# Why does the 6D mkii Zoom in when shooting HDR?



## daphins (Jul 25, 2017)

Hey! I upgraded from a 60D to the 6D mkii. I've never shot in camera HDR before, and I noticed that the HDR images are slightly more zoomed in than the standard images (shot from s tripod). Why is this? My best guess is that it anticipates the overlay images bring slightly different so it has a standard crop from the edges to compensate? Is this normal?


----------



## Mikehit (Jul 25, 2017)

If it was handheld, then it may be the camera moved very slightly between shots and the in-camera software aligned the frames and cropped any ragged edges.


----------



## daphins (Jul 25, 2017)

Mikehit said:


> If it was handheld, then it may be the camera moved very slightly between shots and the in-camera software aligned the frames and cropped any ragged edges.



It's not. I was playing with tripod and long exposures last night. I'll try to upload some samples this evening, but every HDR photo was cropped tighter than standard photos.


----------



## Khalai (Jul 25, 2017)

daphins said:


> Mikehit said:
> 
> 
> > If it was handheld, then it may be the camera moved very slightly between shots and the in-camera software aligned the frames and cropped any ragged edges.
> ...



Anything moving in the photos? Perhaps even stars with very long exposures? Something could really confuse aligning algorhytm...


----------



## Mikehit (Jul 25, 2017)

I googled 'Canon in-camera HDR crop' and it seems it is not just the 6D2:

https://www.dpreview.com/forums/post/53337230

https://snapshot.canon-asia.com/article/en/exploring-the-hdr-mode-of-eos-5d-mark-iii

It seems to be a result of Auto-align. If you turn that off maybe it will not crop the image.


----------



## Kit Lens Jockey (Jul 25, 2017)

Yes, in my experience with HDR in Canon cameras, if you have auto-align on, it will always trim off a little on the edges, in order to allow it to do its auto-aligning thing. Doesn't matter if the camera was actually moving or not. You can set it to on or off. So if you have the camera steady on a tripod, just turn it off, should not crop the photos any more.


----------



## Khalai (Jul 25, 2017)

Or just forget in-camera HDR JPEG only altogether, bracket a couple of RAW files and HDR merge manually back home


----------



## Mt Spokane Photography (Aug 1, 2017)

Khalai said:


> Or just forget in-camera HDR JPEG only altogether, bracket a couple of RAW files and HDR merge manually back home



Its a entry level camera, and most users will use those in camera features. Nothing wrong with that. Most of us here use raw and process separately, but the world is changing, people want to and expect the ability to upload and post photos in real time. 
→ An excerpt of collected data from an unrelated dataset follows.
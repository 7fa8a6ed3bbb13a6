-- ===== src/Tests/Server.antt =====
-- The theorems on the JSON-RPC server and on the thread of the client, over `Tests/Node.antt`.
use forcerelay_verifier.Prelude.{
  ℕ, ◌≡◌, refl, replicate, true, false, some, none, [], ◌++◌, ok, err, bytes_eq, arith,
}
use forcerelay_verifier.Common.{latest, finalized, number, hex_str_to_bytes}
use forcerelay_verifier.Common.Numbers.{codes, hex_prefix, to_text, u64_to_hex_string}
use forcerelay_verifier.Common.Tags.{deserialize}
use forcerelay_verifier.Consensus.Errors.{other}
use forcerelay_verifier.Consensus.Rpc.{ConsensusRpc}
use forcerelay_verifier.Consensus.Bootstrap.{initial_store, check_bootstrap}
use forcerelay_verifier.Consensus.State.{expected_current_slot}
use forcerelay_verifier.Consensus.Sync
use forcerelay_verifier.Consensus.Sync.{accept_latest}
use forcerelay_verifier.Execution.Client.{get_account}
use forcerelay_verifier.Execution.Proof.{
  verify_proof, verify_node, get_nibble, encode_account, skip_length,
}
use forcerelay_verifier.Client.Database.{config_db}
use forcerelay_verifier.Client.Node.Queries
use forcerelay_verifier.Client.Node.Queries.{get_payload, check_blocktag_age, check_head_age}
use forcerelay_verifier.Client.Node.Updates.{advance, sync}
use forcerelay_verifier.Client.Node.Verified.{IsSound}
use forcerelay_verifier.Client.Node.Synced.{sync-IsSound}
use forcerelay_verifier.Consensus.Types.{Bootstrap}
use forcerelay_verifier.Client.Rpc.{block_number, get_balance}
use forcerelay_verifier.Client.Rpc.Answers.{block_number-get_payload}
use forcerelay_verifier.Client.Rpc.Errors.{Formats}
use forcerelay_verifier.Client.Start.{shutdown}
use forcerelay_verifier.Client.Start.Create.{config_database}
use forcerelay_verifier.Client.Thread.{
  Running, Reach, here, next, round, stop, advance_round, after_round,
}
use forcerelay_verifier.Tests.Light
use forcerelay_verifier.Tests.Ledger
use forcerelay_verifier.Tests.Node.{new_node, goerli_rpc, syncs, servers, light, ledger, node, soon}

-- a byte is its own digit, a quantity has three zeros in front
abbrev pub formats : Formats
formats = record {
  hex_encode = λ bytes. bytes;
  hex_decode = some;
  encode_hex = λ n. hex_prefix ++ (replicate 3 b'0' ++ to_text 16 n);
  address_from_str = some;
  string_decode = some;
  address_error = λ s. s;
  hex_error = λ s. s;
  query_error = λ e. [];
  node_error = λ e. [];
  evm_error = λ e. [];
}

answers_number : block_number formats soon node ≡ ok (codes "0x7")
unfolding block_number Queries.get_block_number check_head_age get_payload u64_to_hex_string
    expected_current_slot initial_store to_text
answers_number = refl

block_number-get_payload_example :
    (num : ℕ) × (deserialize (ok (codes "0x7")) ≡ ok (number num))
    × (get_payload (number num) node ≡ get_payload latest node)
block_number-get_payload_example =
    block_number-get_payload formats soon node ((tt, tt), (refl, tt)) (omega arith, tt)
      answers_number

-- a server that answers no update
abbrev down : ConsensusRpc
down = record Light.rpc { get_finality_update = err other }

abbrev running : Running config_database
running = record {
  client = record {
    node = node;
    rpc = none;
    db = config_db Light.config;
    fallback = none;
    load_external_fallback = false;
    disk = some tt;
  };
  alive = true;
}

-- a round that fails and is survived, and a shutdown
abbrev after_failure : Running config_database
after_failure = after_round (advance_round (λ i. down) (λ i. Light.now) 0 0 node) running.client

abbrev stopped : Running config_database
stopped = record after_failure { client = shutdown after_failure.client }

abbrev run : Reach running stopped
run = next (next here (round (λ i. down) (λ i. Light.now) 0 0 running refl)) (stop after_failure)

answers_balance :
    get_balance formats Ledger.rpc soon stopped.client.node Ledger.address finalized
    ≡ ok (codes "0x64")
unfolding get_balance Queries.get_balance check_blocktag_age get_payload get_account verify_proof
    verify_node get_nibble encode_account hex_str_to_bytes bytes_eq skip_length advance_round
    advance Sync.advance accept_latest shutdown to_text
answers_balance = refl

sync-IsSound_example :
    (b : Bootstrap) × (Light.rpc.get_bootstrap Light.client.initial_checkpoint ≡ ok b)
    × (check_bootstrap Light.now b Light.client ≡ ok tt)
    × IsSound Light.config b (sync servers goerli_rpc (λ i. Light.now) new_node).1
sync-IsSound_example =
    sync-IsSound servers goerli_rpc (λ i. Light.now) new_node refl
      (λ i. (syncs i, (sync servers goerli_rpc (λ j. Light.now) new_node).1))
I've been around long enough to remember the discussions when Single Lens Reflex (SLR) film cameras came out. There were lots of naysayers, but they pushed out the rangefinders almost over night. Same thing when autofocus came along. Now, its upload immediately to social web sites, and that's what is needed to attract a new generation of camera buyers. Rejoice, they are keeping the camera manufacturing business alive so us old timers can keep doing it the "RIGHT WAY??"


----------



## daphins (Aug 1, 2017)

Mt Spokane Photography said:


> Khalai said:
> 
> 
> > Or just forget in-camera HDR JPEG only altogether, bracket a couple of RAW files and HDR merge manually back home
> ...



i'll actually be doing his above workflow. Hadn't pulled HDR's off the camera yet, so i didn't know they were JPEG's (which makes sense).

Is there a way to identify photo graphs as being part of a series as we take them, so I know which ones to compile as an HDR in post-production?


----------



## BeenThere (Aug 1, 2017)

daphins said:


> Mt Spokane Photography said:
> 
> 
> > Khalai said:
> ...


Put your hand in front of the lens between series and shoot a separator frame to easily identify the series in post.


----------



## scyrene (Aug 1, 2017)

daphins said:


> Mt Spokane Photography said:
> 
> 
> > Khalai said:
> ...



You'll have a group of three raw shots and a jpeg, with consecutive file names, though the order may vary; but you'll see one bright, one normal, one dark, and one jpeg, and that's your batch. It's fairly straightforward to parse them once you've found the first group.

FWIW in-camera HDR output is pretty poor in my experience (usually overcooked, although it's a matter of taste), and of course as the output is jpeg you have much less processing latitutde than if you blend them in software, but it's a quick way of shooting bracketed raws which can be aligned and blended later; I tend to delete the camera-produced jpeg once I've been through them all.


----------



## Don Haines (Aug 1, 2017)

daphins said:


> Is there a way to identify photo graphs as being part of a series as we take them, so I know which ones to compile as an HDR in post-production?



My workflow has been to take an obvious nonsense picture to mark the start of a sequence and then snap the three bracketed shots. That way, when looking at the files in lightroom I see a throwaway picture (usually my hand), then the three pictures.... middle, dark, and light.....


----------



## Khalai (Aug 1, 2017)

Don Haines said:


> daphins said:
> 
> 
> > Is there a way to identify photo graphs as being part of a series as we take them, so I know which ones to compile as an HDR in post-production?
> ...



I've always hated that order and I'm glad that you can use C.Fn to change that to "more logical" order of darker, middle and lighter exposure. And no, I do not suffer from OCD


----------



## Mikehit (Aug 1, 2017)

Khalai said:


> I've always hated that order and I'm glad that you can use C.Fn to change that to "more logical" order of darker, middle and lighter exposure. And no, I do not suffer from OCD



Me too. It's like setting 'shoot without card' as default.


----------



## daphins (Aug 2, 2017)

scyrene said:


> daphins said:
> 
> 
> > Mt Spokane Photography said:
> ...



So noob question. If I'm shooting RAW and shoot an HDR it will shoot 3 RAW's and a jpeg. When people complain about the HDR performance of the 6D, are they complaining about the jpeg produced from the 6D, or the quality of the RAW's?

Following on that, if I were to manually bracket the RAW's and compile as an HDR image later, would that solve the "poor HDR" performance of the 6D?


----------



## scyrene (Aug 2, 2017)

daphins said:


> scyrene said:
> 
> 
> > daphins said:
> ...



I've only used the HDR function on the 5D3 and 5Ds but I assume it's the same for all current bodies? The output is jpeg.

Combining in software is always going to produce a better result*, but it takes longer, of course.

*The in-camera HDR function has a few options, and I haven't tried them all, but all the ones I've tried have produced similarly poor output jpegs *to my eyes*.


----------